The first day or within the first week of December.


----------



## Bella (Nov 22, 2022)

I decorate about two weeks before Christmas and leave the decorations up until after the Feast of the Epiphany, also known as the Feast of the Three Kings, which is January 6th.


----------



## Georgiagranny (Nov 22, 2022)

When I get around to it? LOL  It kind of depends on when DD starts her stuff, and I see her Christmas stuff out. Then I get motivated to haul my stuff out, too. 

Maybe the first weekend in December this year or maybe next week? I have to work this coming weekend and Monday as well. 

I have to admit that I put up fewer and fewer decorations each year, but a couple of weeks ago, I saw a 6ft pre-lit, rose gold metallic tree at Wallyworld that was positively stunning. My hovel is tiny so it wouldn't do at all, but DD found the same one in a box that's only 4ft. I had to have it. Had to. Couldn't live without it, yanno? All I have to do is find a place to put it.
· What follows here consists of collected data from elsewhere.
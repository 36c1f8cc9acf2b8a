-- ===== src/PageTable/Physical.antt =====
-- `physical` of iommu_ref_model/libiommu/src/iommu_second_stage_trans.c: the address that a page and
-- an offset make.
use Prim.Native.Nat.{max, bit_or-bitwise}
use native.Mathlib.Nat.{
  le_refl, pow-suc, div-div-eq-div-mul, mul_comm, div-add-mod, mod-lt, pow-le-pow_right,
}
use mathlib.Core.Path.{subst}
use riscv_iommu_dv_model.Prelude.{
  ℕ, zero, suc, ◌+◌, ◌-◌, ◌*◌, ◌/◌, ◌%◌, ◌^◌, ◌≤◌, ◌<◌, bit_and, bit_or, ◌≡◌, refl, ◌∙◌, sym, ap,
  arith,
}
use riscv_iommu_dv_model.Address.Bits.{
  lowest_digit, bit_and_digit, bit_and_high, pow_pos, half_ones,
}
use riscv_iommu_dv_model.PageTable.{physical}

pub bit_or_digit : (a b : ℕ) → bit_or a b ≡ bit_or (a / 2) (b / 2) * 2 + max (a % 2) (b % 2)
bit_or_digit zero b = simp bit_or-bitwise (omega arith)
bit_or_digit (suc a) b = simp bit_or-bitwise (lowest_digit (λ y. y) max a b)

-- The laws of `|` and of masks of ones.
max_zero : (a : ℕ) → (max a 0 ≡ a) × (max 0 a ≡ a)
max_zero a = (omega arith, omega arith)

pub bit_or_zero_fuel : (n a : ℕ) → a ≤ n → bit_or a 0 ≡ a
bit_or_zero_fuel n zero h = refl
bit_or_zero_fuel zero (suc a) h = absurd (omega arith)
bit_or_zero_fuel (suc n) (suc a) h =
    bit_or_digit (suc a) 0
    ∙ omega (arith, bit_or_zero_fuel n (suc a / 2) (omega arith), (max_zero (suc a % 2)).0)

pub bit_or_disjoint : (k x y : ℕ) → y < 2 ^ k → bit_or (x * 2 ^ k) y ≡ x * 2 ^ k + y
bit_or_disjoint zero x y h =
    rw (let e : y ≡ 0 = omega arith in e)
      (bit_or_zero_fuel (x * 1) (x * 1) (le_refl _) ∙ omega arith)
bit_or_disjoint (suc k) x y h =
    let m = 2 ^ k in
    let a = x * m in
    let e : x * (m * 2) ≡ a * 2 = omega arith in
    let half : a * 2 / 2 ≡ a = omega arith in
    let even : a * 2 % 2 ≡ 0 = omega arith in
    let below : y / 2 < m = omega (arith, pow-suc 2 k) in
    rw
      (
        pow-suc 2 k,
        e,
        bit_or_digit (a * 2) y,
        half,
        even,
        bit_or_disjoint k x (y / 2) below,
        (max_zero (y % 2)).1,
      )
      (omega arith)

bit_and_zero_fuel : (n a : ℕ) → a ≤ n → bit_and a 0 ≡ 0
bit_and_zero_fuel n zero h = refl
bit_and_zero_fuel zero (suc a) h = absurd (omega arith)
bit_and_zero_fuel (suc n) (suc a) h =
    bit_and_digit (suc a) 0 ∙ omega (arith, bit_and_zero_fuel n (suc a / 2) (omega arith))

-- The remainder by an even number, from that of the half.
mod_double : (m x : ℕ) → x % (m * 2) ≡ x / 2 % m * 2 + x % 2
mod_double m x =
    let e : x / (m * 2) ≡ x / 2 / m =
      ap (λ y. x / y) (mul_comm m 2) ∙ sym (div-div-eq-div-mul x 2 m) in
    let f : m * 2 * (x / 2 / m) + x % (m * 2) ≡ x =
      subst (λ y. m * 2 * y + x % (m * 2) ≡ x) e (div-add-mod x (m * 2)) in
    let g = div-add-mod (x / 2) m in omega arith

pub bit_and_low : (k x : ℕ) → bit_and x (2 ^ k - 1) ≡ x % 2 ^ k
bit_and_low zero x = bit_and_zero_fuel x x (le_refl _) ∙ omega arith
bit_and_low (suc k) x =
    let m = 2 ^ k in
    let (half, odd) = half_ones m (pow_pos k) in
    rw (pow-suc 2 k, bit_and_digit x (m * 2 - 1), half, odd, bit_and_low k (x / 2))
      (omega (arith, mod_double m x))

-- A page of `2 ^ k` bytes gives the high digits, the address the `k` low ones.
pub physical_lem :
    (k ppn addr : ℕ)
    → k ≤ 64
    → ppn < 2 ^ 52
    → physical ppn (2 ^ k) addr ≡ ppn * 4096 / 2 ^ k * 2 ^ k + addr % 2 ^ k
unfolding physical
physical_lem k ppn addr h b =
    let m = 2 ^ k in
    let above : m ≤ 2 ^ 64 = pow-le-pow_right {n = 2} (omega arith) {i = k} {j = 64} h in
    let page : ppn * 4096 % 2 ^ 64 ≡ ppn * 4096 = omega arith in
    let ones : (m + 2 ^ 64 - 1) % 2 ^ 64 ≡ m - 1 = omega (arith, pow_pos k) in
    let zeros : 2 ^ 64 - 1 - (m - 1) ≡ 2 ^ 64 - m = omega (arith, pow_pos k) in
    let high = bit_and_high k 64 (ppn * 4096) h (omega arith) in
    rw (page, ones, zeros, high, bit_and_low k addr)
      (bit_or_disjoint k (ppn * 4096 / m) (addr % m) (mod-lt addr (pow_pos k)))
When I was a kid, our tree went up on Christmas Eve and stayed up until January 6.


----------



## Gaer (Nov 22, 2022)

No one to share Christmas, no one to see any decorations, so I no longer decorate or do Christmas.


----------



## hollydolly (Nov 22, 2022)

Usually the first week of December..


----------



## ronaldj (Nov 22, 2022)

we have our outside lights up but wife says cannot turn them on till after Thanksgiving.


----------



## NorthernLight (Nov 22, 2022)

Last night (21 November) I put some small white twinkle lights in my bedroom window. They're winter cheer lights, not Christmas lights. By this time next month, the nightly darkness will be 16 hours long.

I went outside to look, and the lights can't be seen because the bright parking lot illuminator is right next to my window.

That'll learn me not to do anything like that.

Or, maybe I'll move them to another window.


----------



## Ronni (Nov 22, 2022)

I’d be fine with having an artificial tree (though I don’t know where we’d store it) but Ron’s insistent on a real one.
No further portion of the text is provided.